PROVIDED RECORDS:
-- ===== src/Mq.antt =====
-- src/utils/MqClient.cc. librabbitmq and the broker are the parameter `broker`: how each call ends, as
-- a function of the number of calls so far. The client's mutex makes its calls a sequence.
pub mod Session
pub mod Confirmed
mod Tests
use trade_reconcile_system.Base.{
  Bool, List, [], false, if◌then◌else◌, length, true, ℕ, ◌++◌, ◌==◌, ◌∷◌,
}
use trade_reconcile_system.Base.Bytes.{Bytes, codes}
use trade_reconcile_system.Models.Result.{ok}

pub data AmqpCall : Type 0 where
  new_connection tcp_socket_new socket_open login channel_open : AmqpCall
  exchange_declare : Bytes → Bytes → Bool → AmqpCall
  confirm_select : AmqpCall
  -- exchange, routing key, delivery mode, content type and payload
  basic_publish : Bytes → Bytes → ℕ → Bytes → Bytes → AmqpCall
  wait_frame : ℕ → AmqpCall
  connection_close destroy_connection : AmqpCall

-- What `amqp_simple_wait_frame_noblock` delivers: a status other than OK, a frame that is no method,
-- or the id of a method.
pub data Waited : Type 0 where
  no_frame other_frame : Waited
  method_frame : ℕ → Waited

pub record Broker : Type 0 where
  pub socket_made : ℕ → Bool
  pub socket_opened : ℕ → Bool
  pub logged_in : ℕ → Bool
  pub channel_opened : ℕ → Bool
  pub exchange_declared : ℕ → Bool
  pub confirm_selected : ℕ → Bool
  pub published : ℕ → Bool
  pub frame : ℕ → Waited

-- Whether `conn_` is set, and the calls so far.
pub record MqClient : Type 0 where
  pub connected : Bool
  pub calls : List AmqpCall

abbrev pub new_client : MqClient
new_client = record { connected = false; calls = [] }

abbrev pub exchange_name : Bytes
exchange_name = codes "trade.exchange"

abbrev pub exchange_type : Bytes
exchange_type = codes "topic"

abbrev pub confirm_timeout_seconds : ℕ
confirm_timeout_seconds = 3

-- AMQP_BASIC_ACK_METHOD
abbrev pub basic_ack_method : ℕ
basic_ack_method = 3932240

unfoldable pub call_amqp : AmqpCall → MqClient → MqClient
call_amqp c s = record s { calls = s.calls ++ c ∷ [] }

unfoldable pub close : MqClient → MqClient
unfolding call_amqp
close s =
    if s.connected
    then record (call_amqp destroy_connection (call_amqp connection_close s)) { connected = false }
    else s

-- `if (!ok) { close(); return false; }`, and what follows.
unfoldable pub check : Bool → MqClient → (MqClient → Bool × MqClient) → Bool × MqClient
unfolding close
check ok s rest = if ok then rest s else (false, close s)

-- A call with its reply, and what follows when it is in order.
unfoldable pub ask :
    AmqpCall → (ℕ → Bool) → (MqClient → Bool × MqClient) → MqClient → Bool × MqClient
unfolding check call_amqp
ask c reply rest s = check (reply (length s.calls)) (call_amqp c s) rest

module _ (broker : Broker) where
  unfoldable pub select_confirms : MqClient → Bool × MqClient
  unfolding ask
  select_confirms = ask confirm_select broker.confirm_selected (λ s. (true, s))

  -- `declareExchange`, which is durable.
  unfoldable pub declare_exchange : MqClient → Bool × MqClient
  unfolding ask select_confirms
  declare_exchange =
      ask (exchange_declare exchange_name exchange_type true) broker.exchange_declared
        select_confirms

  unfoldable pub open_channel : MqClient → Bool × MqClient
  unfolding ask declare_exchange
  open_channel = ask channel_open broker.channel_opened declare_exchange

  unfoldable pub log_in : MqClient → Bool × MqClient
  unfolding ask open_channel
  log_in = ask login broker.logged_in open_channel

  unfoldable pub open_socket : MqClient → Bool × MqClient
  unfolding ask log_in
  open_socket = ask socket_open broker.socket_opened log_in

  unfoldable pub connect : MqClient → Bool × MqClient
  unfolding ask open_socket call_amqp
  connect s =
      ask tcp_socket_new broker.socket_made open_socket
        (record (call_amqp new_connection s) { connected = true })

  unfoldable pub ensure_connected : MqClient → Bool × MqClient
  unfolding connect
  ensure_connected s = if s.connected then (true, s) else connect s

  unfoldable pub is_ack : Waited → Bool
  is_ack no_frame = false
  is_ack other_frame = false
  is_ack (method_frame id) = id == basic_ack_method

  -- `waitConfirm`
  unfoldable pub wait_confirm : MqClient → Bool × MqClient
  unfolding ask is_ack
  wait_confirm =
      ask (wait_frame confirm_timeout_seconds) (λ n. is_ack (broker.frame n)) (λ s. (true, s))

  -- The second half of `publish`: the message is persistent (delivery mode 2).
  unfoldable pub send : Bytes → Bytes → Bytes → MqClient → Bool × MqClient
  unfolding ask wait_confirm
  send exchange routing_key payload =
      ask (basic_publish exchange routing_key 2 (codes "application/json") payload) broker.published
        wait_confirm

  -- `if (!ensureConnected()) return false`, and what follows.
  unfoldable pub when_connected : (MqClient → Bool × MqClient) → Bool × MqClient → Bool × MqClient
  when_connected rest (true, s) = rest s
  when_connected rest (false, s) = (false, s)

  -- One more attempt when the first did not connect.
  unfoldable pub connect_again : Bool × MqClient → Bool × MqClient
  unfolding close ensure_connected
  connect_again (true, s) = (true, s)
  connect_again (false, s) = ensure_connected (close s)

  unfoldable pub publish : Bytes → Bytes → Bytes → MqClient → Bool × MqClient
  unfolding when_connected connect_again ensure_connected send
  publish exchange routing_key payload s =
      when_connected (send exchange routing_key payload) (connect_again (ensure_connected s))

AIM OF THE TASK: The expected answer is each line of the records above that includes the string "send".

SOLVED PROBLEM:
  unfoldable pub send : Bytes → Bytes → Bytes → MqClient → Bool × MqClient
  send exchange routing_key payload =
  unfolding when_connected connect_again ensure_connected send
      when_connected (send exchange routing_key payload) (connect_again (ensure_connected s))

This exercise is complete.